The headline number came in near expectations at 164,000, but revisions to the two previous months subtracted 41,000 job gains. There are clear signs that job growth is slowing from the 223,000 average of 2018 to the latest three-month average of just 140,000. The UR remained unchanged at 3.7%, and average hourly earnings (AHE) rose by 0.3% bringing the YoY gains up to 3.2% from 3.1%. The good news in the report was that the labor force participation rate rose from 62.9% to 63.0% (highest since March) and that the total labor force rose to 163,400,000, which is a new record.
The combination this week of a hawkish interest rate cut by the Fed and the promise of more tariffs has U.S. and G7 interest rates plummeting along with commodity prices. Yesterday’s Bloomberg Commodity Spot index fell sharply by 2.5% with crude oil collapsing by nearly 8%. While commodity prices have recovered slightly today, markets are preparing and bracing for potentially much weaker growth ahead if the U.S. and China cannot find common ground. As we pointed out, markets will be much more volatile in the weeks and months ahead.

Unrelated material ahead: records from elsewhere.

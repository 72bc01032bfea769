-- ===== src/Config/Validation/Whitelists.antt =====
-- What the validation of the configuration says of the whitelist that the adapter parses.
use mountain_king.Config.Validation.{
  column_errors, columns_errors, table_errors, tables_errors, whitelist_errors,
  validate_starrocks_whitelist,
}
use mountain_king.Datasource.Whitelist.{
  Tables, checked_name, allowed_columns, columns_key, allowed_table, allowed_tables, tables_key,
  parse_allowed_tables,
}
use mountain_king.Errors.{Code, ok}
use mountain_king.Prelude.{
  ◌≡◌, refl, true, Option, none, some, List, [], ◌∷◌, ◌++◌, Bytes, codes, arith, is_words,
}
use mountain_king.Starrocks.Identifier.{validate_identifier}
use mountain_king.Starrocks.Query.Accepted.{Yields, bind-Yields}
use mountain_king.Value.{
  Value, Items, nil, cons, Fields, end, field, string, slice, object, null, lookup_field,
}

-- The names of the tables are identifiers.
abbrev pub HasNames : Fields → Type 0
HasNames end = Unit
HasNames (field name def tables) = (is_words name ≡ true) × HasNames tables

-- The names of the tables that stand in the options.
abbrev pub HasTableNames : Option Value → Type 0
HasTableNames (some (object tables)) = HasNames tables
HasTableNames v = Unit

both-nil : {A : Type 0} (xs ys : List A) → xs ++ ys ≡ [] → (xs ≡ []) × (ys ≡ [])
both-nil [] ys e = (refl, e)
both-nil (x ∷ xs) ys e = cc

name-Yields :
    (code : Code) (name : Bytes)
    → is_words name ≡ true
    → Yields (checked_name validate_identifier code name)
unfolding checked_name validate_identifier is_words
name-Yields code [] h = cc
name-Yields code (c ∷ name) h = (tt, ground arith)

columns-Yields :
    (cs : Items) → column_errors cs ≡ [] → Yields (allowed_columns validate_identifier cs)
unfolding column_errors allowed_columns
columns-Yields nil e = ([], refl)
columns-Yields (cons (string name) cs) e =
    bind-Yields (name-Yields _ name (ground arith))
      (λ _. bind-Yields (columns-Yields cs (ground arith)) (λ _. (_, refl)))
columns-Yields (cons c cs) e = cc

key-Yields : (v : Option Value) → columns_errors v ≡ [] → Yields (columns_key validate_identifier v)
unfolding columns_errors columns_key
key-Yields none e = cc
key-Yields (some (slice nil)) e = cc
key-Yields (some (slice (cons c cs))) e = columns-Yields (cons c cs) e
key-Yields (some v) e = cc

table-Yields :
    (def : Value) → table_errors def ≡ [] → Yields (allowed_table validate_identifier def)
unfolding table_errors allowed_table
table-Yields (object table_map) e = key-Yields (lookup_field (codes "columns") table_map) e
table-Yields def e = cc

tables-Yields :
    (ts : Fields)
    → tables_errors ts ≡ []
    → HasNames ts
    → Yields (allowed_tables validate_identifier ts)
unfolding tables_errors allowed_tables
tables-Yields end e h = ([], refl)
tables-Yields (field name def tables) e (p, h) =
    let (first, rest) = both-nil (table_errors def) (tables_errors tables) e in
    bind-Yields (name-Yields _ name p) (λ _.
      bind-Yields (table-Yields def first)
        (λ _. bind-Yields (tables-Yields tables rest h) (λ _. (_, refl))))

whitelist-Yields :
    (v : Option Value)
    → whitelist_errors v ≡ []
    → HasTableNames v
    → Yields (tables_key validate_identifier v)
unfolding whitelist_errors tables_key
whitelist-Yields none e h = cc
whitelist-Yields (some null) e h = cc
whitelist-Yields (some (object end)) e h = cc
whitelist-Yields (some (object (field name def tables))) e h =
    tables-Yields (field name def tables) e h
whitelist-Yields (some v) e h = cc

-- Options that the validation of the configuration has nothing against are parsed by the StarRocks
-- adapter, if the names of the tables are identifiers, which the validation does not look at.
pub parse_allowed_tables-validated :
    (options : Fields)
    → validate_starrocks_whitelist options ≡ []
    → HasTableNames (lookup_field (codes "allowed_tables") options)
    → (w : Tables) × (parse_allowed_tables validate_identifier options ≡ ok w)
unfolding validate_starrocks_whitelist parse_allowed_tables
parse_allowed_tables-validated options e h =
    whitelist-Yields (lookup_field (codes "allowed_tables") options) e h
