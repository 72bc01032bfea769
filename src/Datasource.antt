-- ===== src/Datasource.antt =====
-- internal/datasource: the requests that a data source answers, and its circuit breaker.
pub mod Request
pub mod Whitelist
pub mod CircuitBreaker
pub mod Manager
pub mod Connection
pub mod Options
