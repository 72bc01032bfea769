-- ===== src/Datasource/CircuitBreaker/Events.antt =====
-- The calls that the clients of one breaker make, in the order in which they take its lock.
use mountain_king.Datasource.CircuitBreaker.{
  CircuitBreaker, allow_request, record_success, record_failure,
}
use mountain_king.Prelude.{ℕ, ◌+◌, List, [], ◌∷◌, if◌then◌else◌}

pub data Event : Type 0 where
  allow : ℕ → Event
  success : Event
  failure : ℕ → Event

unfoldable pub step : Event → CircuitBreaker → CircuitBreaker
step (allow now) cb = (allow_request now cb).0
step success cb = record_success cb
step (failure now) cb = record_failure now cb

unfoldable pub run : List Event → CircuitBreaker → CircuitBreaker
run [] cb = cb
run (e ∷ es) cb = run es (step e cb)

-- The number of requests that are let through, of requests at the given moments.
unfoldable pub grants : List ℕ → CircuitBreaker → ℕ
grants [] cb = 0
grants (now ∷ nows) cb =
    let (cb', allowed) = allow_request now cb in (if allowed then 1 else 0) + grants nows cb'
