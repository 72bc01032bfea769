-- ===== src/Datasource/CircuitBreaker/Invariant.antt =====
-- The counters of a breaker stay below its thresholds, and when it trips.
use mountain_king.Datasource.CircuitBreaker.{
  CircuitState, circuit_closed, circuit_open, circuit_half_open, CircuitBreakerConfig,
  CircuitBreaker, positive_or, new_circuit_breaker, allow_request, record_success, record_failure,
}
use mountain_king.Datasource.CircuitBreaker.Events.{Event, allow, success, failure, step, run}
use mountain_king.Prelude.{
  ℕ, zero, suc, ◌+◌, ◌≤◌, ◌<◌, ◌≡◌, refl, List, [], ◌∷◌, map, arith, length, ltb, if◌then◌else◌,
}
use mountain_king.Prelude.Int.{ℤ, pos, negsuc}

abbrev pub Counts : CircuitState → CircuitBreaker → Type 0
Counts circuit_closed cb = cb.failure_count < cb.config.failure_threshold
Counts circuit_open cb = cb.failure_count ≤ cb.config.failure_threshold
Counts circuit_half_open cb =
    (cb.success_count < cb.config.success_threshold)
    × (cb.half_open_requests ≤ cb.config.half_open_max_requests)

pub record IsValid (cb : CircuitBreaker) : Type 0 where
  pub failures : 0 < cb.config.failure_threshold
  pub duration : 0 < cb.config.open_duration
  pub probes : 0 < cb.config.half_open_max_requests
  pub successes : 0 < cb.config.success_threshold
  pub counts : Counts cb.state cb

positive_or-pos : (z : ℤ) (d : ℕ) → 0 < d → 0 < positive_or z d
unfolding positive_or
positive_or-pos (pos zero) d h = h
positive_or-pos (pos (suc n)) d h = omega arith
positive_or-pos (negsuc n) d h = h

new-IsValid : (cfg : CircuitBreakerConfig ℤ) → IsValid (new_circuit_breaker cfg)
unfolding new_circuit_breaker
new-IsValid cfg = record {
  failures = positive_or-pos cfg.failure_threshold 5 (omega arith);
  duration = positive_or-pos cfg.open_duration _ (omega arith);
  probes = positive_or-pos cfg.half_open_max_requests 1 (omega arith);
  successes = positive_or-pos cfg.success_threshold 2 (omega arith);
  counts = positive_or-pos cfg.failure_threshold 5 (omega arith);
}

pub step-IsValid : (e : Event) (cb : CircuitBreaker) → IsValid cb → IsValid (step e cb)
unfolding step allow_request record_success record_failure
step-IsValid (allow now) cb v = ground arith
step-IsValid success cb v = ground arith
step-IsValid (failure now) cb v = ground arith

run-IsValid_from : (es : List Event) (cb : CircuitBreaker) → IsValid cb → IsValid (run es cb)
unfolding run
run-IsValid_from [] cb v = v
run-IsValid_from (e ∷ es) cb v = run-IsValid_from es (step e cb) (step-IsValid e cb v)

-- After any sequence of calls, a breaker made from any configuration has positive thresholds, and
-- its counters fit them: closed, fewer failures than the threshold; half open, fewer successes than
-- the threshold and at most the allowed probes.
pub run-IsValid :
    (cfg : CircuitBreakerConfig ℤ) (es : List Event) → IsValid (run es (new_circuit_breaker cfg))
run-IsValid cfg es = run-IsValid_from es _ (new-IsValid cfg)

run-failures_open :
    (nows : List ℕ) (cb : CircuitBreaker) → cb.state ≡ circuit_open → run (map failure nows) cb ≡ cb
unfolding run step record_failure
run-failures_open [] cb e = refl
run-failures_open (now ∷ nows) cb e = ground (arith, run-failures_open nows cb)

-- From a valid closed breaker, failures in a row leave it closed while, with those already counted,
-- they are below the threshold, and open once they reach it.
pub run-failures :
    (nows : List ℕ) (cb : CircuitBreaker)
    → IsValid cb
    → cb.state ≡ circuit_closed
    → (run (map failure nows) cb).state ≡ (
        if ltb (cb.failure_count + length nows) cb.config.failure_threshold
        then circuit_closed
        else circuit_open)
unfolding run step record_failure
run-failures [] cb v e = ground arith
run-failures (now ∷ nows) cb v e =
    let next = record_failure now cb in
    ground
      (arith, step-IsValid (failure now) cb v, run-failures nows next, run-failures_open nows next)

HERE ARE THE KEY NEWS STORIES FROM OVERNIGHT:
The U.S. trade deficit for June came in larger than expected at $55.2b, slightly smaller than May. The American consumer remains in good shape and the consumption of foreign goods, products, foods, etc. remains strong. China remains the biggest beneficiary of our demand for cheap high quality goods. Despite all the rhetoric and politics governing the trade negotiations, our trade deficit with China widened in June to a five-month high.